**Work instruction**
Copy every line from the material below that holds "StockOperation".

**Extracted material**

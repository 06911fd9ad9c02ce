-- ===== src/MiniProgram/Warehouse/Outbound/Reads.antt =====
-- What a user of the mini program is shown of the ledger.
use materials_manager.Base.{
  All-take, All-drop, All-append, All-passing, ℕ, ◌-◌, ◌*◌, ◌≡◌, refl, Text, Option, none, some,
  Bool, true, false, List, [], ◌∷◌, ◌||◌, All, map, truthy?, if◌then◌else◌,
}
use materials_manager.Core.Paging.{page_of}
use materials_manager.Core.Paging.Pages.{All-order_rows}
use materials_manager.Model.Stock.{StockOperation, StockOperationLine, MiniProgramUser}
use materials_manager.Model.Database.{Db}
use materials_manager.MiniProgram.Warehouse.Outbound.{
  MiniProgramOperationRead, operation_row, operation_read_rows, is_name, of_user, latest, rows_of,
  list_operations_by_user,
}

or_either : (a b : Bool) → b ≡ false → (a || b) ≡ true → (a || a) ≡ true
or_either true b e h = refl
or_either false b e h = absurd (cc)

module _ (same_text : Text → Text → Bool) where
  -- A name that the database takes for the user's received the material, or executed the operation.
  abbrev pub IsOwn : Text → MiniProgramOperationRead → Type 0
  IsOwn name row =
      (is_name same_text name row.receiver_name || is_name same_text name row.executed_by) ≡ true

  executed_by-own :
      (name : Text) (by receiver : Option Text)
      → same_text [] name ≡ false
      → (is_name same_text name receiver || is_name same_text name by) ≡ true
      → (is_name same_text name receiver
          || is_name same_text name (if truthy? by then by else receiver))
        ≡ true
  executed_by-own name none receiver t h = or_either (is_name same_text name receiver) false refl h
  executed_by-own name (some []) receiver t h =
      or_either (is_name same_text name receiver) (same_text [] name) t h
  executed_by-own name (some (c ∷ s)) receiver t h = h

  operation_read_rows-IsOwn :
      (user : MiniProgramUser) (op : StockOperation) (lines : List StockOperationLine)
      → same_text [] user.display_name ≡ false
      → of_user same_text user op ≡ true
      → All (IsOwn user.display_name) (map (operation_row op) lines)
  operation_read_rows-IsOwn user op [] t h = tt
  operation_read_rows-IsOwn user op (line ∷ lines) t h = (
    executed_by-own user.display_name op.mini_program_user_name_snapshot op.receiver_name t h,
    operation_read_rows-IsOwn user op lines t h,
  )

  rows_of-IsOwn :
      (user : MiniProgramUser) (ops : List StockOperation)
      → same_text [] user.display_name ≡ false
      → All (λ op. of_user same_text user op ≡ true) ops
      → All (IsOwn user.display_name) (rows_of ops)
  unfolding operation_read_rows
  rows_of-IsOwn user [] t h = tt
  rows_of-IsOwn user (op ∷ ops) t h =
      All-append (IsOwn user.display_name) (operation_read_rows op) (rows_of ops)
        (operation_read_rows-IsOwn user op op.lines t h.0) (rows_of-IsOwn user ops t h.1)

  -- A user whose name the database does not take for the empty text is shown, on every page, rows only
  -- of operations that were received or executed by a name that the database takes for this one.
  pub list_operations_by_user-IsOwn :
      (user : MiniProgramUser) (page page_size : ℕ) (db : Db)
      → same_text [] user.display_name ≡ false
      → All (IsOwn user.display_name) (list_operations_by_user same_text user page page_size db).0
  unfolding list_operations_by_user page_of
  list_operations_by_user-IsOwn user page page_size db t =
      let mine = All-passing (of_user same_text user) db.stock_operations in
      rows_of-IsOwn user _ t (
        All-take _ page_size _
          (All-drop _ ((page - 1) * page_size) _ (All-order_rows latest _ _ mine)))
---
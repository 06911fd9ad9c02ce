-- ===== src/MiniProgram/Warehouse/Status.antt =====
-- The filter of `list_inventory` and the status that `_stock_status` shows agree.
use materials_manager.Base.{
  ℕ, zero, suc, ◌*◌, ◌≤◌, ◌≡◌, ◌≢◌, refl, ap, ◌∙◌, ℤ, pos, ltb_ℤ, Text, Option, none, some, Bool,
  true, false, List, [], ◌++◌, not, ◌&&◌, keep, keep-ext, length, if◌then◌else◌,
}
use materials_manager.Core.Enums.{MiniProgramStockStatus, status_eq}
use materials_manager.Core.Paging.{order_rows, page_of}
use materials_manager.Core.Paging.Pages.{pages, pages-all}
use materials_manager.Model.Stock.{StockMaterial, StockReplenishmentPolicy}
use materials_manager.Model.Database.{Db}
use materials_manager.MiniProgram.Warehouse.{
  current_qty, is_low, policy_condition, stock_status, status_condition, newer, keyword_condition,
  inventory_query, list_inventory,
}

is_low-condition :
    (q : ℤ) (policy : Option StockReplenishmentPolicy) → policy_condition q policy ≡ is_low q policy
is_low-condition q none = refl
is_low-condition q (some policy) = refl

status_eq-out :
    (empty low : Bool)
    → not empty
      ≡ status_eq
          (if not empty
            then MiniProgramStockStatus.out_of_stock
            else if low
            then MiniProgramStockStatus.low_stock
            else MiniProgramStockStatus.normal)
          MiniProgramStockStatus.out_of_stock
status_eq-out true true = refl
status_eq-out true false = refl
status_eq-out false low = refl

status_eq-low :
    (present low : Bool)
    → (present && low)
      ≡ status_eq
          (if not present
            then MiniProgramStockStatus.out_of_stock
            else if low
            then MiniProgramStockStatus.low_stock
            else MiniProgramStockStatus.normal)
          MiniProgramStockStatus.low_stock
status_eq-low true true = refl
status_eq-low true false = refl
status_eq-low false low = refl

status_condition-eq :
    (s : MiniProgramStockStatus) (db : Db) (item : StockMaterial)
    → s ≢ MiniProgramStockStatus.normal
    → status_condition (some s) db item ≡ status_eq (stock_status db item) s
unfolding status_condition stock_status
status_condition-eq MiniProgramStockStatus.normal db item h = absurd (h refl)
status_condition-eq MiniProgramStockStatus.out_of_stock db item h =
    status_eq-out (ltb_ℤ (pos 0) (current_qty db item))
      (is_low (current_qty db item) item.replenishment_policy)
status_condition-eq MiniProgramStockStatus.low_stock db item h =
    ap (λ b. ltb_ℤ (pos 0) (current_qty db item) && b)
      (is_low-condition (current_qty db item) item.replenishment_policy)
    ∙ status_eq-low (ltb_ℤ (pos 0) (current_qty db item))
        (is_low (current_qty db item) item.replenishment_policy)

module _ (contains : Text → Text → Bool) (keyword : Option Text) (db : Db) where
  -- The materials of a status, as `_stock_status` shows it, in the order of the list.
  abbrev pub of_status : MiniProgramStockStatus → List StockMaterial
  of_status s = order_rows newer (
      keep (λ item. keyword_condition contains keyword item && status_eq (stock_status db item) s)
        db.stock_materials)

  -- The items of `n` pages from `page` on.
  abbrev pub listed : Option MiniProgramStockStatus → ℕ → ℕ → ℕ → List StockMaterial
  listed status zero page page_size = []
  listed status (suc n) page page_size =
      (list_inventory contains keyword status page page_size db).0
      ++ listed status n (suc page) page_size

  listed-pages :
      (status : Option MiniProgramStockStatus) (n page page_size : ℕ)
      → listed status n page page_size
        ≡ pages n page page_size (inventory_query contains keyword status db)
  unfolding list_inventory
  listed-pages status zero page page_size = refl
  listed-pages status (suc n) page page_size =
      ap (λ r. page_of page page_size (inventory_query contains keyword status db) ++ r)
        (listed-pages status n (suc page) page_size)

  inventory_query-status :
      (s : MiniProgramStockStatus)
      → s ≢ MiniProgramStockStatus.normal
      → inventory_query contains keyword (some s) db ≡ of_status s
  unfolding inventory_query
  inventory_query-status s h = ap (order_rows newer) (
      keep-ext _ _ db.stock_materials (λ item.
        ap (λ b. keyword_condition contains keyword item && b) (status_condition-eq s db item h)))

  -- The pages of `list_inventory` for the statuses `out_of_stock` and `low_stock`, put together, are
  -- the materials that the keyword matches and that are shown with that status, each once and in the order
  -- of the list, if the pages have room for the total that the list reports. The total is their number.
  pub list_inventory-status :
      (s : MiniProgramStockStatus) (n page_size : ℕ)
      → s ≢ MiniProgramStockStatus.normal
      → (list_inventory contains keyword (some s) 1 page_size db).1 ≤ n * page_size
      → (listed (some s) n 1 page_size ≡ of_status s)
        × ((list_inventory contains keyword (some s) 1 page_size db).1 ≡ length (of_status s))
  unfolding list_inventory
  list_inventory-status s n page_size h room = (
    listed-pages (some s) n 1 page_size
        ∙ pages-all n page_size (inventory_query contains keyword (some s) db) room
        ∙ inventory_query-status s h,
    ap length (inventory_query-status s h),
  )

**Task solution**
use materials_manager.Model.Stock.{StockOperation, StockOperationLine, MiniProgramUser}
      (user : MiniProgramUser) (op : StockOperation) (lines : List StockOperationLine)
      (user : MiniProgramUser) (ops : List StockOperation)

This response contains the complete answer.